> _Source data_
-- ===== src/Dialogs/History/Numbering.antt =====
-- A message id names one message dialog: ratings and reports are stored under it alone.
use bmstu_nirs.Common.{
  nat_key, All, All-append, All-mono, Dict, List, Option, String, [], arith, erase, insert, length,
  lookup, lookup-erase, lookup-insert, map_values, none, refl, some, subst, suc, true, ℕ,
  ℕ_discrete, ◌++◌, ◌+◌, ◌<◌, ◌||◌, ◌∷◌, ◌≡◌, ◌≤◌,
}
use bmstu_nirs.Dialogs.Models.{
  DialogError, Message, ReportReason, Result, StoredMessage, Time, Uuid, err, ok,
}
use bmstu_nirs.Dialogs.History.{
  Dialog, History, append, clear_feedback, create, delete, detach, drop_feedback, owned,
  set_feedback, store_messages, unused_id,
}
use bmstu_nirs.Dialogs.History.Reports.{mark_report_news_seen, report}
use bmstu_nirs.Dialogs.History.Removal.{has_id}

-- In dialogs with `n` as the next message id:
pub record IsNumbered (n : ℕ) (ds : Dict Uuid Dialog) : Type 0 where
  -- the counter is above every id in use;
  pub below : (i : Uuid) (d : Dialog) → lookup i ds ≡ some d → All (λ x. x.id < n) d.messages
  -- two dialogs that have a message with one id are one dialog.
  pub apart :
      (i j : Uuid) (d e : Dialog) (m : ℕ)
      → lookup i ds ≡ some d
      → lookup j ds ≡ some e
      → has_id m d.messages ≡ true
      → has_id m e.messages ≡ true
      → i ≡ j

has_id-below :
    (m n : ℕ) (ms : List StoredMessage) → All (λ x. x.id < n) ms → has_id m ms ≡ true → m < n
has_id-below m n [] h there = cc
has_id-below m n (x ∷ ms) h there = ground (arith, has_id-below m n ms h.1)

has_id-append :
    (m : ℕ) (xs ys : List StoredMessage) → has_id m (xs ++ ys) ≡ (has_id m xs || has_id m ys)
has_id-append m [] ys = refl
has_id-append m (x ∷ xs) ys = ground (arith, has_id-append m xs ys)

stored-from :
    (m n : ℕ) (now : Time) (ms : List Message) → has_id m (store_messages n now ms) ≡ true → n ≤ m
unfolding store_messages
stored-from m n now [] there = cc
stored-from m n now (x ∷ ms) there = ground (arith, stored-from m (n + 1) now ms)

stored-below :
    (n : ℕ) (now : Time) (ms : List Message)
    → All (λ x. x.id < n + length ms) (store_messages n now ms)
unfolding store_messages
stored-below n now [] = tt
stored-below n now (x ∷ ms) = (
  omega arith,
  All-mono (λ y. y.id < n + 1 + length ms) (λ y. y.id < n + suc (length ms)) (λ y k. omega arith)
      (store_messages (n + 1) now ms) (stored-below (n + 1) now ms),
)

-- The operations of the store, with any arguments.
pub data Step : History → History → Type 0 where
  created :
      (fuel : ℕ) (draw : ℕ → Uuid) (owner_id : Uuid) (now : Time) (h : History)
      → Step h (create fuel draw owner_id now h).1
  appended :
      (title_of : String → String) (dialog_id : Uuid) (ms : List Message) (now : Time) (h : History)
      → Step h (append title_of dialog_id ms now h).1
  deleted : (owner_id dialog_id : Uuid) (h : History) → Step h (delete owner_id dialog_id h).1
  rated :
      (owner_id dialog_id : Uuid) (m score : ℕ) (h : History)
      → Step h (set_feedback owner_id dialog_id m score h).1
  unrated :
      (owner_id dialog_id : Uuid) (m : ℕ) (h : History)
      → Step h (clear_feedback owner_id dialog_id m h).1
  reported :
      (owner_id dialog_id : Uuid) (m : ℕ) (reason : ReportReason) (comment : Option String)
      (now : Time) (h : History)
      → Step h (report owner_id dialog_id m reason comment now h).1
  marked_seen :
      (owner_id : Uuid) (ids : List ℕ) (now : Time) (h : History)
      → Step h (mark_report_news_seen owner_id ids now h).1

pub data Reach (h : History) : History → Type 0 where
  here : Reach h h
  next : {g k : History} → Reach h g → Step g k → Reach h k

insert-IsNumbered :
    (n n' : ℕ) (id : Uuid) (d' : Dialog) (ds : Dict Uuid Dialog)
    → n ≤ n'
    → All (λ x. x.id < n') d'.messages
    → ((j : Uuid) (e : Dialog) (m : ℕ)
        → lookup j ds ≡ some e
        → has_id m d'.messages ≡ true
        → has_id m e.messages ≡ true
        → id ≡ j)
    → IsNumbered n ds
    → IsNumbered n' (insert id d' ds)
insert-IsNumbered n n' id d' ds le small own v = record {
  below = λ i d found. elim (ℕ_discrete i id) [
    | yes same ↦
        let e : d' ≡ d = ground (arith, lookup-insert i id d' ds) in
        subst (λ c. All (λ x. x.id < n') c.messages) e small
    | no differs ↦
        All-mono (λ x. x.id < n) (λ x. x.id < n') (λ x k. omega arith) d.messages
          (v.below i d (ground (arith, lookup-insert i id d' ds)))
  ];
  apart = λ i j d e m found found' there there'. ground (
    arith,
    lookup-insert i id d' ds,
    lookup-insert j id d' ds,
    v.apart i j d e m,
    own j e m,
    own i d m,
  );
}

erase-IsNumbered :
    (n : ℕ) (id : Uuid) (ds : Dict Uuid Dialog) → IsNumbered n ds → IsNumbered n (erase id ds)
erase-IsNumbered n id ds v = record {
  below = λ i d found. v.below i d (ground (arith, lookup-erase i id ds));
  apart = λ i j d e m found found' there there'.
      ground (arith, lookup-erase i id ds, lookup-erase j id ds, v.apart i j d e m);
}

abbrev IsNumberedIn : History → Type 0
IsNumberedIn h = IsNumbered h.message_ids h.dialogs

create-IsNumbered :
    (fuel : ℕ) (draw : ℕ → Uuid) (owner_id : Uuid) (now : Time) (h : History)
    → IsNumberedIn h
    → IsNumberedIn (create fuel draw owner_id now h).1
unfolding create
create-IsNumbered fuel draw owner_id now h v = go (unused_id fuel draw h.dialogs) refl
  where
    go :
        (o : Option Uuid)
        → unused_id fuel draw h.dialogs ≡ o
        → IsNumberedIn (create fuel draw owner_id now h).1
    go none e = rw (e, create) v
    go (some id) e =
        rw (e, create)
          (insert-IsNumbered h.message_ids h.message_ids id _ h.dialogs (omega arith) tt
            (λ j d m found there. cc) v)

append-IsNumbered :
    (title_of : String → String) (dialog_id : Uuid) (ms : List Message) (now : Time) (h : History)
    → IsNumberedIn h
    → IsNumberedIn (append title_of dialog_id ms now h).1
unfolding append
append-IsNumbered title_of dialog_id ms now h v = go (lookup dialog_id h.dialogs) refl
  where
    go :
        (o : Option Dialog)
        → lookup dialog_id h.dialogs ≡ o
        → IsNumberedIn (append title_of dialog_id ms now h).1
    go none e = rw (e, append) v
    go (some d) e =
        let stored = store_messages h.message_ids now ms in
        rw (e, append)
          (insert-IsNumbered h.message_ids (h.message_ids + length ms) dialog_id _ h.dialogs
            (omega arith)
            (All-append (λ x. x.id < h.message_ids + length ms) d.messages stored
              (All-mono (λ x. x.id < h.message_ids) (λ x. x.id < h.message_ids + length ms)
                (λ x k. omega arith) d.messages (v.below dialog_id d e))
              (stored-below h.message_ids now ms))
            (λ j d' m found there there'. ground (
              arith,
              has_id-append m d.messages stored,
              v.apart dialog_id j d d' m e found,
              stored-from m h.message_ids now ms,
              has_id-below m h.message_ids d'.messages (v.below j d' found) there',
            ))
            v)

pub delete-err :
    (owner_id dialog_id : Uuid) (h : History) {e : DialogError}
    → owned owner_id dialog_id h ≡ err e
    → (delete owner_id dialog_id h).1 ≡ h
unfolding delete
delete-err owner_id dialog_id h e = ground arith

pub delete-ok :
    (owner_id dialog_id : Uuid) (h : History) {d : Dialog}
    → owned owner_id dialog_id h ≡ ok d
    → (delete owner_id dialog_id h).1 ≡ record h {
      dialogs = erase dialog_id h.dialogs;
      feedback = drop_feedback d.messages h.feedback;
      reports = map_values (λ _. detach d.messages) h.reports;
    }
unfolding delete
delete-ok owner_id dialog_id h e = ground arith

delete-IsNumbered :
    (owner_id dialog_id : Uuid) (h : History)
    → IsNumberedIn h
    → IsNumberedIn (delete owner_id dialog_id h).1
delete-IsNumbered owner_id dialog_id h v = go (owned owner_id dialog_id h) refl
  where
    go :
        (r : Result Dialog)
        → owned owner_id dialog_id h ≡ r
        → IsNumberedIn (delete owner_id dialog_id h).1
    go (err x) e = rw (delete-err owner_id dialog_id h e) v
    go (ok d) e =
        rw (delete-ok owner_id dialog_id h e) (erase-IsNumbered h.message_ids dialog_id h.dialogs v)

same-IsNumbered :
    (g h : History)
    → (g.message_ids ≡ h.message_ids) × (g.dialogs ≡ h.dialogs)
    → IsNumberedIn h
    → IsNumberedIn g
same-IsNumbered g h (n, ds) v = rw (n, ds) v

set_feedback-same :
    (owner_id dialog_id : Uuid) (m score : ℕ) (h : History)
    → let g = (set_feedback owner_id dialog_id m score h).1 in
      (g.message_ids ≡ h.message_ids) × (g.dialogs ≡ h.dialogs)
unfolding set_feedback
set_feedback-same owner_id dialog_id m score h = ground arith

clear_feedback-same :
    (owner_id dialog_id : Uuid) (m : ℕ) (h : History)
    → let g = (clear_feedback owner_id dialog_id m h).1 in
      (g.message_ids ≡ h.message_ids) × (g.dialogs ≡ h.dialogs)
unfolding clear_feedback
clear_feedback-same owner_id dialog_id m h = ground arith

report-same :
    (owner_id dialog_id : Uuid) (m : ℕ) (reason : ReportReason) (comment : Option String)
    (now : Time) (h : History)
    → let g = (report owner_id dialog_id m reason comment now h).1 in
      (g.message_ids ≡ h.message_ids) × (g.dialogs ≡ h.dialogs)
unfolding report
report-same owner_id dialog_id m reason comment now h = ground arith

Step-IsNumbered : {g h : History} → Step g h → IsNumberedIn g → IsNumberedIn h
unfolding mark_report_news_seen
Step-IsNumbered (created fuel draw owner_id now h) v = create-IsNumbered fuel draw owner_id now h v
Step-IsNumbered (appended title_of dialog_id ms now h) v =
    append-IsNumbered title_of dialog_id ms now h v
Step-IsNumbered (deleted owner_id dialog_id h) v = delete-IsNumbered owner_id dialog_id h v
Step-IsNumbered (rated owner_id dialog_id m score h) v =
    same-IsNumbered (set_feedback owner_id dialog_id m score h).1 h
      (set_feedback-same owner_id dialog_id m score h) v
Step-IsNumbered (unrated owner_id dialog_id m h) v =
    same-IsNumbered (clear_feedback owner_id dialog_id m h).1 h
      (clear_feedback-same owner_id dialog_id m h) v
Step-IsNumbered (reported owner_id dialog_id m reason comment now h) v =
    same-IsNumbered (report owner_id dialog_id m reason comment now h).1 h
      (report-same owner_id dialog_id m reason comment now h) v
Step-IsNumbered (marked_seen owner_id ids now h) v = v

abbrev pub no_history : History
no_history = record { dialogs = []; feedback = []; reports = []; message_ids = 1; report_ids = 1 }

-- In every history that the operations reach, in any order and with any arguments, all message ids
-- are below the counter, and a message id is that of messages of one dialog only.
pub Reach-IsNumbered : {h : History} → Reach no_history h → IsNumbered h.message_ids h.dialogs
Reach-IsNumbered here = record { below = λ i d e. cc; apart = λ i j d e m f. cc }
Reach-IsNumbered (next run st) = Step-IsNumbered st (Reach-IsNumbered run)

...

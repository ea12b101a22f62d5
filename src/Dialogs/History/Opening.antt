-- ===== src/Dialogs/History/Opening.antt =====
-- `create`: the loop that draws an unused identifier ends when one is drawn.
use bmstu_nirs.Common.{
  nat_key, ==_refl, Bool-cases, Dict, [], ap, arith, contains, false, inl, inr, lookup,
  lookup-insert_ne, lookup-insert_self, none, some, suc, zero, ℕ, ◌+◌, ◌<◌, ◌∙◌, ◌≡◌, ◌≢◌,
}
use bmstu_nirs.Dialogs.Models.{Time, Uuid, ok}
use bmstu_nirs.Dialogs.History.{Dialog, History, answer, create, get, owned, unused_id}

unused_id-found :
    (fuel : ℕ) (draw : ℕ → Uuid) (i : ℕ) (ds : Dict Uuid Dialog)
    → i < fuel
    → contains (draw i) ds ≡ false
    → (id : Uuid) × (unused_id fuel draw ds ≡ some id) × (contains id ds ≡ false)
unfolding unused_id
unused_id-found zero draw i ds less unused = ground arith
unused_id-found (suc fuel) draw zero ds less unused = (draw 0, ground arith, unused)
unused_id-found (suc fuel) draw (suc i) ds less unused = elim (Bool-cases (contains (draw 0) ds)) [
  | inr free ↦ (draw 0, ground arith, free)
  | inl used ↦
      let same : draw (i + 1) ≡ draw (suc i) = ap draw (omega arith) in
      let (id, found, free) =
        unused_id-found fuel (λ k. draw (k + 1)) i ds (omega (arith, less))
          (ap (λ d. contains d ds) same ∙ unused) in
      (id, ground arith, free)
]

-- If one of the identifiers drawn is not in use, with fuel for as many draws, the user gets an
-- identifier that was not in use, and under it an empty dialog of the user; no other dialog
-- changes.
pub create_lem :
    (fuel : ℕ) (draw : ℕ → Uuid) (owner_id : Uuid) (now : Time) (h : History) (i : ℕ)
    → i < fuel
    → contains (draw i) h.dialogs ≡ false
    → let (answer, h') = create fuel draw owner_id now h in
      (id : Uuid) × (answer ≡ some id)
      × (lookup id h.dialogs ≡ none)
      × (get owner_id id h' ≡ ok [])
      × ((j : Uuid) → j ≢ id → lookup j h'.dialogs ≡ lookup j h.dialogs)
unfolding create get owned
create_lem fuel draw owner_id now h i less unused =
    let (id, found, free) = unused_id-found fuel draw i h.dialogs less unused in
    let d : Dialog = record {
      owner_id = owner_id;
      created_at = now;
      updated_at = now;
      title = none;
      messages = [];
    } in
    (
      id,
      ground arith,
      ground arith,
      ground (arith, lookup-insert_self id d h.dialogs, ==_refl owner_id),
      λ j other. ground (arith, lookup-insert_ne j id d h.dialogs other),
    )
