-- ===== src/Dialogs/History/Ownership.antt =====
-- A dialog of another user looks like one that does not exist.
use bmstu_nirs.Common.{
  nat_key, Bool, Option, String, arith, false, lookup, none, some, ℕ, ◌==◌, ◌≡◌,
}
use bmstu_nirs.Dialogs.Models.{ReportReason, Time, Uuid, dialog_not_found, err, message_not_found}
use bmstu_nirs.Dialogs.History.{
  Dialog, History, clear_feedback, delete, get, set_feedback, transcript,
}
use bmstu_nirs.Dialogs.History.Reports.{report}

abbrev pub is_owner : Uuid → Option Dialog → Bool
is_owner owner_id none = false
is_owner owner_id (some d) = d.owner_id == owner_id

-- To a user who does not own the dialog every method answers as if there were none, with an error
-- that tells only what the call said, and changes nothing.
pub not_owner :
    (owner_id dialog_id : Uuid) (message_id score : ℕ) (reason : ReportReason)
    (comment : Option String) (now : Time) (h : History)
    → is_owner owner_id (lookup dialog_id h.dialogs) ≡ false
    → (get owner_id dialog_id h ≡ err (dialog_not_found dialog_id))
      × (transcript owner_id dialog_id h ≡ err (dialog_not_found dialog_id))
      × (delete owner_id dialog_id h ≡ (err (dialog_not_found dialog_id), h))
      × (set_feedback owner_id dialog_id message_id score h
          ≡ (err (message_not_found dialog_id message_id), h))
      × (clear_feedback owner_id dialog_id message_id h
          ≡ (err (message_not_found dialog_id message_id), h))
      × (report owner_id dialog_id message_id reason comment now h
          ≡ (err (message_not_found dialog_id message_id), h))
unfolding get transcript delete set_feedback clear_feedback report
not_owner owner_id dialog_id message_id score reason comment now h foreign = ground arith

> _Task requirements_
If a line in the entries includes the word "changes", copy that line out.

> _Response to this task_
-- changes.
-- that tells only what the call said, and changes nothing.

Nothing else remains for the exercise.